[Stored data entries]
-- ===== src/Daemon/Shutdown/Exit.antt =====
-- What has been done when the daemon exits, and what need not have been.
use devagent.Base.{◌≡◌, ◌≢◌, ◌⊎◌, inl, inr, refl, true, false, arith}
use devagent.Daemon.Shutdown.{
  Process, Step, Steps, listening, returned, exited, waiting, shutting_down, closed, started,
  cancel, accept, answer, hold_port, release_port, close_hal, close_mdns, call_shutdown, drained,
  timed_out, take_snapshot, serve_returns, main_returns, none_more, more,
}

-- The server accepts until `Shutdown` is called, and serves as long as it accepts.
pub record IsOrderly (p : Process) : Type 0 where
  pub shut : (p.accepts ≡ true) ⊎ ((p.closing ≡ shutting_down) ⊎ (p.closing ≡ closed))
  pub serves : (p.serving ≡ listening) ⊎ (p.accepts ≡ false)
  pub stopped : (p.accepts ≡ false) ⊎ ((p.closing ≢ shutting_down) × (p.closing ≢ closed))
  pub asked : (p.closing ≡ waiting) ⊎ (p.cancelled ≡ true)

Step-IsOrderly : {p q : Process} → IsOrderly p → Step p q → IsOrderly q
Step-IsOrderly {p} orderly (cancel alive) = record {
  shut = orderly.shut;
  serves = orderly.serves;
  stopped = orderly.stopped;
  asked = inr refl;
}
Step-IsOrderly {p} orderly (accept alive accepts) = record {
  shut = orderly.shut;
  serves = orderly.serves;
  stopped = orderly.stopped;
  asked = orderly.asked;
}
Step-IsOrderly {p} orderly (hold_port alive running free) = record {
  shut = orderly.shut;
  serves = orderly.serves;
  stopped = orderly.stopped;
  asked = orderly.asked;
}
Step-IsOrderly {p} orderly (release_port alive held) = record {
  shut = orderly.shut;
  serves = orderly.serves;
  stopped = orderly.stopped;
  asked = orderly.asked;
}
Step-IsOrderly {p} orderly (answer n alive running others) = record {
  shut = orderly.shut;
  serves = orderly.serves;
  stopped = orderly.stopped;
  asked = orderly.asked;
}
Step-IsOrderly {p} orderly (close_hal alive over at free) = record {
  shut = ground (arith, orderly.shut, at);
  serves = orderly.serves;
  stopped = elim orderly.stopped [
    | inl refuses ↦ inl refuses
    | inr early ↦ inr ((λ e. absurd cc), (λ e. absurd cc))
  ];
  asked = inr over;
}
Step-IsOrderly {p} orderly (close_mdns alive at) = record {
  shut = ground (arith, orderly.shut, at);
  serves = orderly.serves;
  stopped = elim orderly.stopped [
    | inl refuses ↦ inl refuses
    | inr early ↦ inr ((λ e. absurd cc), (λ e. absurd cc))
  ];
  asked = ground (arith, orderly.asked, at);
}
Step-IsOrderly {p} orderly (call_shutdown alive at) = record {
  shut = inr (inl refl);
  serves = inr refl;
  stopped = inl refl;
  asked = ground (arith, orderly.asked, at);
}
Step-IsOrderly {p} orderly (drained alive at none_left) = record {
  shut = inr (inr refl);
  serves = orderly.serves;
  stopped = inl (ground (arith, orderly.stopped, at));
  asked = ground (arith, orderly.asked, at);
}
Step-IsOrderly {p} orderly (timed_out alive at) = record {
  shut = inr (inr refl);
  serves = orderly.serves;
  stopped = inl (ground (arith, orderly.stopped, at));
  asked = ground (arith, orderly.asked, at);
}
Step-IsOrderly {p} orderly (take_snapshot alive over) = record {
  shut = orderly.shut;
  serves = orderly.serves;
  stopped = orderly.stopped;
  asked = orderly.asked;
}
Step-IsOrderly {p} orderly (serve_returns at refused) = record {
  shut = orderly.shut;
  serves = inr refused;
  stopped = orderly.stopped;
  asked = orderly.asked;
}
Step-IsOrderly {p} orderly (main_returns at) = record {
  shut = orderly.shut;
  serves = ground (arith, orderly.serves, at);
  stopped = orderly.stopped;
  asked = orderly.asked;
}

pub Steps-IsOrderly : {p q : Process} → IsOrderly p → Steps p q → IsOrderly q
Steps-IsOrderly orderly none_more = orderly
Steps-IsOrderly orderly (more q r steps step) = Step-IsOrderly (Steps-IsOrderly orderly steps) step

-- What holds of a process whose `main` has returned.
pub record IsClosed (p : Process) : Type 0 where
  pub was_cancelled : p.cancelled ≡ true
  pub refuses : p.accepts ≡ false
  pub after_hal_and_mdns : (p.closing ≡ shutting_down) ⊎ (p.closing ≡ closed)

exited-IsClosed : (p : Process) → IsOrderly p → p.serving ≡ exited → IsClosed p
exited-IsClosed p orderly gone =
    let refuses : p.accepts ≡ false = ground (arith, orderly.serves, gone) in
    let after : (p.closing ≡ shutting_down) ⊎ (p.closing ≡ closed) =
      ground (arith, orderly.shut, refuses) in
    record {
      was_cancelled = ground (arith, orderly.asked, after);
      refuses = refuses;
      after_hal_and_mdns = after;
    }

started-IsOrderly : IsOrderly started
started-IsOrderly = record {
  shut = inl refl;
  serves = inl refl;
  stopped = inr ((λ e. absurd cc), (λ e. absurd cc));
  asked = inl refl;
}

-- Whenever the daemon has exited, its context was over, the serial port and the mDNS server had been
-- closed, and its server accepted nothing more.
pub Steps-IsClosed : (p : Process) → Steps started p → p.serving ≡ exited → IsClosed p
Steps-IsClosed p steps gone = exited-IsClosed p (Steps-IsOrderly started-IsOrderly steps) gone

-- A way to exit with what was under way left as it was.
pub record Abandons (p : Process) : Type 0 where
  pub gone : Process
  pub steps : Steps p gone
  pub exit : gone.serving ≡ exited
  pub is_closed : IsClosed gone
  pub same_requests : gone.in_flight ≡ p.in_flight
  pub same_snapshot : gone.snapshot_taken ≡ p.snapshot_taken

-- As soon as `Shutdown` has been called, in whatever order the goroutines ran until then, the daemon can
-- exit without waiting for anything: the requests that are in flight get no answer, however many they
-- are, and the last snapshot of the registry is not taken, if it was not yet. The serial port and the
-- mDNS server are closed at that point.
pub call_shutdown-Abandons :
    (p : Process) → Steps started p → p.closing ≡ shutting_down → p.serving ≡ listening → Abandons p
call_shutdown-Abandons p steps shutting serving =
    let orderly = Steps-IsOrderly started-IsOrderly steps in
    let refuses : p.accepts ≡ false = ground (arith, orderly.stopped, shutting) in
    record {
      gone = record p { serving = exited };
      steps =
          more (record p { serving = returned }) (record p { serving = exited })
            (more p (record p { serving = returned }) none_more (serve_returns serving refuses))
            (main_returns refl);
      exit = refl;
      is_closed = record {
        was_cancelled = ground (arith, orderly.asked, shutting);
        refuses = refuses;
        after_hal_and_mdns = inl shutting;
      };
      same_requests = refl;
      same_snapshot = refl;
    }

[The problem] Print, from the entries above, the line with "started-IsOrderly : IsOrderly started", the line with "(p : Process) → Steps started p → p.closing" and all lines between them, exactly and with nothing else.

[Answer to the problem]
started-IsOrderly : IsOrderly started
started-IsOrderly = record {
  shut = inl refl;
  serves = inl refl;
  stopped = inr ((λ e. absurd cc), (λ e. absurd cc));
  asked = inl refl;
}

-- Whenever the daemon has exited, its context was over, the serial port and the mDNS server had been
-- closed, and its server accepted nothing more.
pub Steps-IsClosed : (p : Process) → Steps started p → p.serving ≡ exited → IsClosed p
Steps-IsClosed p steps gone = exited-IsClosed p (Steps-IsOrderly started-IsOrderly steps) gone

-- A way to exit with what was under way left as it was.
pub record Abandons (p : Process) : Type 0 where
  pub gone : Process
  pub steps : Steps p gone
  pub exit : gone.serving ≡ exited
  pub is_closed : IsClosed gone
  pub same_requests : gone.in_flight ≡ p.in_flight
  pub same_snapshot : gone.snapshot_taken ≡ p.snapshot_taken

-- As soon as `Shutdown` has been called, in whatever order the goroutines ran until then, the daemon can
-- exit without waiting for anything: the requests that are in flight get no answer, however many they
-- are, and the last snapshot of the registry is not taken, if it was not yet. The serial port and the
-- mDNS server are closed at that point.
pub call_shutdown-Abandons :
    (p : Process) → Steps started p → p.closing ≡ shutting_down → p.serving ≡ listening → Abandons p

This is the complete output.